That's what I would do. Hope you get some rest, soon. If you are really going to lose it don't be afraid to pump for the night and go sleep in a hotel. Mental health is nothing to mess with.


----------



## Snickleson (May 28, 2010)

Hey mama... It's hard and I feel you. I think it was around that age (maybe 11 months for us?) that I really lost my cookies a few times with her sleep habits. For me it wasn't so much the night wakings as the actual getting her to sleep part... which took nursing and then bouncing in the ergo pack for ever and then transferring her into bed and then nursing again and then her waking up so shortly after that... for HOURS!! But it drove me nuts and I literally lost it - I left the room one night when she woke up and went and kicked a hole in the wall. A real hole in a real wall in my house. I am an adult, right?? I was getting so boiling mad that I just couldn't handle it - I would have to leave the room. And it was almost out of my control. I signed up for an anger management class, but by the time it started things were going smoothly again. But my 15 month old is still waking up 5 or 6 times a night, and I just started getting up with her and bouncing her back to sleep, because at some point she has to stop nursing all night long (right??) and she too was leaking through her diapers (even disposables!) And also she hasn't been nursing down as easily as she used to. But I think our sanity as mama's is an important part of being a good mama, and being in good mental health helps us love and mother our child best. If what you're doing at night isn't working, it might be time for a change. Make your husband get up with him a time or two and rock him or bounce him or whatever back to sleep. (For us, we have to put her in a backpack and bounce... the rocking chair simply won't do!) I know that's easier said than done, as I have a really hard time making my partner get up at night too. But no matter how high-stress his job is, your job is probably higher stress right now!! I like JuliMummy's idea of the mattress on the floor... I'm thinking that's our next step too. Anyway, you are doing your best, and it always gets better. Just take care of your self too!


----------



## holothuroidea (Mar 30, 2008)

Night-nursing takes practice for both of you, don't expect it to work right away. I would say continue with it for at least a week to see if it works. It took me a long time to get comfortable with it, and I put in a lot of very uncomfortable hours getting used to having a breast exposed at night, sleeping on my side, not sleeping with covers, being kicked and punched, and figuring out where on earth I could put my arms. It takes time, no mother-baby pair comes out of the box ready to sleep with each other peacefully.

It also sounds like your baby is feeling a lot of anxiety (babies are always sensitive to it). He may need some time to cry in your arms, for advice about this you can visit awareparenting.com.

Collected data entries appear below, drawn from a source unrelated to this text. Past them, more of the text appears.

-- ===== src/MessageBus/Silence.antt =====
-- Who has unsubscribed from the bus of src/ipc/message_bus.c hears nothing any more.
use akira_os.Prelude.{
  ℕ, zero, suc, ◌+◌, ◌%◌, ◌^◌, ◌<◌, ◌≡◌, sym, subst, false, not, Option, none, some, List, [], ◌∷◌,
  ◌++◌, Ret, ok, if_case, option_case, ltb, leb, length, CString, arith, find_index, All,
  All-append, remove_at, Bool-cases, Option-cases, inl, inr,
}
use akira_os.MessageBus.{
  Message, Subscriber, MsgQueue, Delivery, Bus, live, has_id, deliver, enqueue, took_id,
  msg_bus_subscribe, msg_bus_unsubscribe, msg_bus_publish, msg_bus_send, process_messages,
  msg_bus_process, max_payload_size, max_subscribers, Priority,
}
use akira_os.MessageBus.Members.{
  Others, MembersValid, Rising, deliver-Others, subscribe-MembersValid, unsubscribe-MembersValid,
  unsubscribe-Others, appended, closed, Rising-bounds,
}

pub data BusCall : Type 0 where
  subscribe : Option CString → Option ℕ → ℕ → BusCall
  unsubscribe : ℕ → BusCall
  publish : Option CString → List ℕ → Priority → ℕ → BusCall
  send : ℕ → List ℕ → ℕ → BusCall
  process : ℕ → BusCall

abbrev pub NotTo : ℕ → Delivery → Type 0
NotTo n d = has_id n d.to ≡ false

Others-remove_at : (n i : ℕ) (ss : List Subscriber) → Others n ss → Others n (remove_at i ss)
Others-remove_at n i [] o = o
Others-remove_at n zero (s ∷ ss) o = o.1
Others-remove_at n (suc i) (s ∷ ss) o = (o.0, Others-remove_at n i ss o.1)

found_below :
    (low high n i : ℕ) (ss : List Subscriber)
    → find_index (has_id n) ss ≡ some i
    → Rising low high ss
    → n < high
found_below low high n i [] e r = absurd (ground (arith, e))
found_below low high n i (s ∷ ss) e r = elim (Bool-cases (has_id n s)) [
  | inl here ↦ ground (arith, Rising-bounds (s.id + 1) high ss r.1)
  | inr other ↦ elim (Option-cases (find_index (has_id n) ss)) [
    | inl missing ↦ absurd (ground (arith, missing, other, e))
    | inr (j, found) ↦ found_below (s.id + 1) high n j ss found r.1
  ]
]

module _ (K : MsgQueue) where
  abbrev delivered : Bus K → Option (Ret × (List Delivery × Bus K)) → List Delivery × Bus K
  delivered b none = ([], b)
  delivered b (some r) = r.1

  abbrev pub call_one : Bus K → BusCall → List Delivery × Bus K
  call_one b (subscribe topic handler user_data) =
      ([], (msg_bus_subscribe K b topic handler user_data).1)
  call_one b (unsubscribe n) = ([], (msg_bus_unsubscribe K b n).1)
  call_one b (publish topic payload priority now) =
      ([], (msg_bus_publish K b topic payload priority now).1)
  call_one b (send recipient payload now) = ([], (msg_bus_send K b recipient payload now).1)
  call_one b (process fuel) = delivered b (msg_bus_process K fuel b)

  -- The deliveries of a sequence of calls.
  abbrev pub call_bus : Bus K → List BusCall → List Delivery
  call_bus b [] = []
  call_bus b (c ∷ cs) = (call_one b c).0 ++ call_bus (call_one b c).1 cs

  -- The counter of ids does not wrap.
  abbrev pub NoWrap : Bus K → List BusCall → Type 0
  NoWrap b [] = Unit
  NoWrap b (c ∷ cs) = (b.next_subscriber_id + 1 < 2 ^ 32) × NoWrap (call_one b c).1 cs

  -- The id was given, and no subscriber has it.
  record Gone (n : ℕ) (b : Bus K) : Type 0 where
    valid : MembersValid b
    others : Others n (live K b)
    given : n < b.next_subscriber_id

  module _ (n : ℕ) where
    enqueue-Gone : (b : Bus K) (m : Message) → Gone n b → Gone n (enqueue K b m).1
    unfolding enqueue
    enqueue-Gone b m g =
        option_case (λ (r : Ret × Bus K). Gone n r.1) (K.k_msgq_put b.msg_queue m)
          (λ _. record {
            valid = record { room = g.valid.room; count = g.valid.count; ids = g.valid.ids };
            others = g.others;
            given = g.given;
          })
          λ q _. record {
            valid = record { room = g.valid.room; count = g.valid.count; ids = g.valid.ids };
            others = g.others;
            given = g.given;
          }

    publish-Gone :
        (b : Bus K) (topic : Option CString) (payload : List ℕ) (priority now : ℕ)
        → Gone n b
        → Gone n (msg_bus_publish K b topic payload priority now).1
    unfolding msg_bus_publish
    publish-Gone b none payload priority now g =
        if_case (λ (r : Ret × Bus K). Gone n r.1) (not b.initialized) (λ _. g) λ _. g
    publish-Gone b (some topic) payload priority now g =
        let P : Ret × Bus K → Type 0 = λ r. Gone n r.1 in
        if_case P (not b.initialized) (λ _. g)
          λ _.
            if_case P (ltb max_payload_size (length payload)) (λ _. g)
              λ _. enqueue-Gone (took_id K b) _ (record {
                valid = record { room = g.valid.room; count = g.valid.count; ids = g.valid.ids };
                others = g.others;
                given = g.given;
              })

    send-Gone :
        (b : Bus K) (recipient : ℕ) (payload : List ℕ) (now : ℕ)
        → Gone n b
        → Gone n (msg_bus_send K b recipient payload now).1
    unfolding msg_bus_send
    send-Gone b recipient payload now g =
        let P : Ret × Bus K → Type 0 = λ r. Gone n r.1 in
        if_case P (not b.initialized) (λ _. g)
          λ _.
            if_case P (ltb max_payload_size (length payload)) (λ _. g)
              λ _. enqueue-Gone (took_id K b) _ (record {
                valid = record { room = g.valid.room; count = g.valid.count; ids = g.valid.ids };
                others = g.others;
                given = g.given;
              })

    abbrev Answered : Option (ℕ × (List Delivery × Bus K)) → Type 0
    Answered none = Unit
    Answered (some p) = All (NotTo n) p.1.0 × Gone n p.1.1

    messages-Answered : (fuel : ℕ) (b : Bus K) → Gone n b → Answered (process_messages K fuel b)
    unfolding process_messages
    messages-Answered zero b g = tt
    messages-Answered (suc fuel) b g =
        option_case Answered (K.k_msgq_get b.msg_queue) (λ _. (tt, g))
          λ r _.
            let b' : Bus K = record b {
              msg_queue = r.1;
              stats_received = (b.stats_received + 1) % 2 ^ 32;
            } in
            let g' : Gone n b' = record {
              valid = record { room = g.valid.room; count = g.valid.count; ids = g.valid.ids };
              others = g.others;
              given = g.given;
            } in
            let ih = messages-Answered fuel b' g' in
            option_case Answered (process_messages K fuel b') (λ _. tt)
              λ p e.
                let a = subst Answered e ih in
                (
                  All-append (NotTo n) (deliver (live K b') r.0) p.1.0
                      (deliver-Others n (live K b') r.0 g.others) a.0,
                  a.1,
                )

    process-Answered :
        (fuel : ℕ) (b : Bus K)
        → Gone n b
        → All (NotTo n) (delivered b (msg_bus_process K fuel b)).0
          × Gone n (delivered b (msg_bus_process K fuel b)).1
    unfolding msg_bus_process
    process-Answered fuel b g =
        let P : Option (Ret × (List Delivery × Bus K)) → Type 0 =
          λ o. All (NotTo n) (delivered b o).0 × Gone n (delivered b o).1 in
        if_case P (not b.initialized) (λ _. (tt, g))
          λ _.
            option_case P (process_messages K fuel b) (λ _. (tt, g))
              λ p e. subst Answered e (messages-Answered fuel b g)

    subscribe-Gone :
        (b : Bus K) (topic : Option CString) (handler : Option ℕ) (user_data : ℕ)
        → b.next_subscriber_id + 1 < 2 ^ 32
        → Gone n b
        → Gone n (msg_bus_subscribe K b topic handler user_data).1
    unfolding msg_bus_subscribe
    subscribe-Gone b none handler user_data w g =
        if_case (λ (r : Ret × Bus K). Gone n r.1) (not b.initialized) (λ _. g) λ _. g
    subscribe-Gone b (some topic) none user_data w g =
        if_case (λ (r : Ret × Bus K). Gone n r.1) (not b.initialized) (λ _. g) λ _. g
    subscribe-Gone b (some topic) (some handler) user_data w g = record {
      valid = subscribe-MembersValid K b (some topic) (some handler) user_data w g.valid;
      others =
          if_case (λ (r : Ret × Bus K). Others n (live K r.1)) (not b.initialized) (λ _. g.others)
            λ _.
              if_case (λ (r : Ret × Bus K). Others n (live K r.1))
                (leb max_subscribers b.subscriber_count) (λ _. g.others)
                λ has_room. subst (Others n) (sym (appended K b _ (ground (arith, g.valid.room)))) (
                  All-append (λ s. has_id n s ≡ false) (live K b) (_ ∷ []) g.others
                    (ground (arith, g.given), tt));
      given =
          if_case (λ (r : Ret × Bus K). n < r.1.next_subscriber_id) (not b.initialized)
            (λ _. g.given)
            λ _.
              if_case (λ (r : Ret × Bus K). n < r.1.next_subscriber_id)
                (leb max_subscribers b.subscriber_count) (λ _. g.given)
                λ _. omega (arith, w, g.given);
    }

    unsubscribe-Gone : (b : Bus K) (m : ℕ) → Gone n b → Gone n (msg_bus_unsubscribe K b m).1
    unfolding msg_bus_unsubscribe
    unsubscribe-Gone b m g = record {
      valid = unsubscribe-MembersValid K b m g.valid;
      others =
          if_case (λ (r : Ret × Bus K). Others n (live K r.1)) (not b.initialized) (λ _. g.others)
            λ _.
              option_case (λ (r : Ret × Bus K). Others n (live K r.1))
                (find_index (has_id m) (live K b)) (λ _. g.others)
                λ i e.
                  subst (Others n) (sym (closed K b m i g.valid e))
                    (Others-remove_at n i (live K b) g.others);
      given =
          if_case (λ (r : Ret × Bus K). n < r.1.next_subscriber_id) (not b.initialized)
            (λ _. g.given)
            λ _.
              option_case (λ (r : Ret × Bus K). n < r.1.next_subscriber_id)
                (find_index (has_id m) (live K b)) (λ _. g.given) λ i e. g.given;
    }

    call_one-Gone :
        (b : Bus K) (c : BusCall)
        → b.next_subscriber_id + 1 < 2 ^ 32
        → Gone n b
        → All (NotTo n) (call_one b c).0 × Gone n (call_one b c).1
    call_one-Gone b (subscribe topic handler user_data) w g =
        (tt, subscribe-Gone b topic handler user_data w g)
    call_one-Gone b (unsubscribe m) w g = (tt, unsubscribe-Gone b m g)
    call_one-Gone b (publish topic payload priority now) w g =
        (tt, publish-Gone b topic payload priority now g)
    call_one-Gone b (send recipient payload now) w g = (tt, send-Gone b recipient payload now g)
    call_one-Gone b (process fuel) w g = process-Answered fuel b g

    call_bus-Gone :
        (cs : List BusCall) (b : Bus K) → NoWrap b cs → Gone n b → All (NotTo n) (call_bus b cs)
    call_bus-Gone [] b w g = tt
    call_bus-Gone (c ∷ cs) b w g =
        let one = call_one-Gone b c w.0 g in
        All-append (NotTo n) (call_one b c).0 (call_bus (call_one b c).1 cs) one.0
          (call_bus-Gone cs (call_one b c).1 w.1 one.1)

    removed-Gone :
        (b : Bus K)
        → MembersValid b
        → (msg_bus_unsubscribe K b n).0 ≡ ok 0
        → Gone n (msg_bus_unsubscribe K b n).1
    unfolding msg_bus_unsubscribe
    removed-Gone b v e = record {
      valid = unsubscribe-MembersValid K b n v;
      others = unsubscribe-Others K b n v e;
      given =
          let P : Ret × Bus K → Type 0 = λ r. r.0 ≡ ok 0 → n < r.1.next_subscriber_id in
          if_case P (not b.initialized) (λ _ f. absurd (ground (arith, f)))
            (λ _.
              option_case P (find_index (has_id n) (live K b)) (λ _ f. absurd (ground (arith, f)))
                λ i found _. found_below 0 b.next_subscriber_id n i (live K b) found v.ids)
            e;
    }

    -- In a valid state, once `msg_bus_unsubscribe` of an id succeeds, no handler is called for that id any
    -- more, whatever calls of the bus follow, new subscriptions included, as long as the counter of ids
    -- does not wrap.
    pub unsubscribed_silent :
        (b : Bus K) (cs : List BusCall)
        → MembersValid b
        → (msg_bus_unsubscribe K b n).0 ≡ ok 0
        → NoWrap (msg_bus_unsubscribe K b n).1 cs
        → All (NotTo n) (call_bus (msg_bus_unsubscribe K b n).1 cs)
    unsubscribed_silent b cs v e w =
        call_bus-Gone cs (msg_bus_unsubscribe K b n).1 w (removed-Gone b v e)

Also you are doing great! I would have reached my limit of tolerance way before you did. Your son is lucky to have such a dedicated mother.


----------



## margarettim (Nov 21, 2010)

Hi mama,

it took me a while to get used to nursing lying down. I started by experimenting with it at daytime (before or after DD's nap time). And once my DD got used to it and I figured out a comfy position, we did it at night, too. It helps me a lot to handle DD's 2 hourly night wakings without feeling totally wiped out. Also, I stopped looking at what time it is when she wakes because it just seemed to switch on the rational part of me and then it was harder to fall asleep. Somehow, when I don't count the night wakings they are easier to handle.


----------



## Ginger Bean (Mar 10, 2011)

The best thing I did for *my* sleep was to get rid of my alarm clock with the glowing red numbers. It was like this thing staring me in the face, taunting me all night.

Whether my son woke up 2 times or 6 times, I got back to sleep easier. When I wasn't constantly reminded of what time it was, I was able to relax and nurse him while dozing myself. He would unlatch when he had enough and go back to sleep. Sometimes I didn't wake up until an hour later and would find him peacefully sleeping with his mouth next to my nipple -- it was cute!


----------



## scrandall1173 (Sep 21, 2008)

hi Mama- I didn't have time to write my story but saw this article and thought of you. Just to say, you are not alone!!!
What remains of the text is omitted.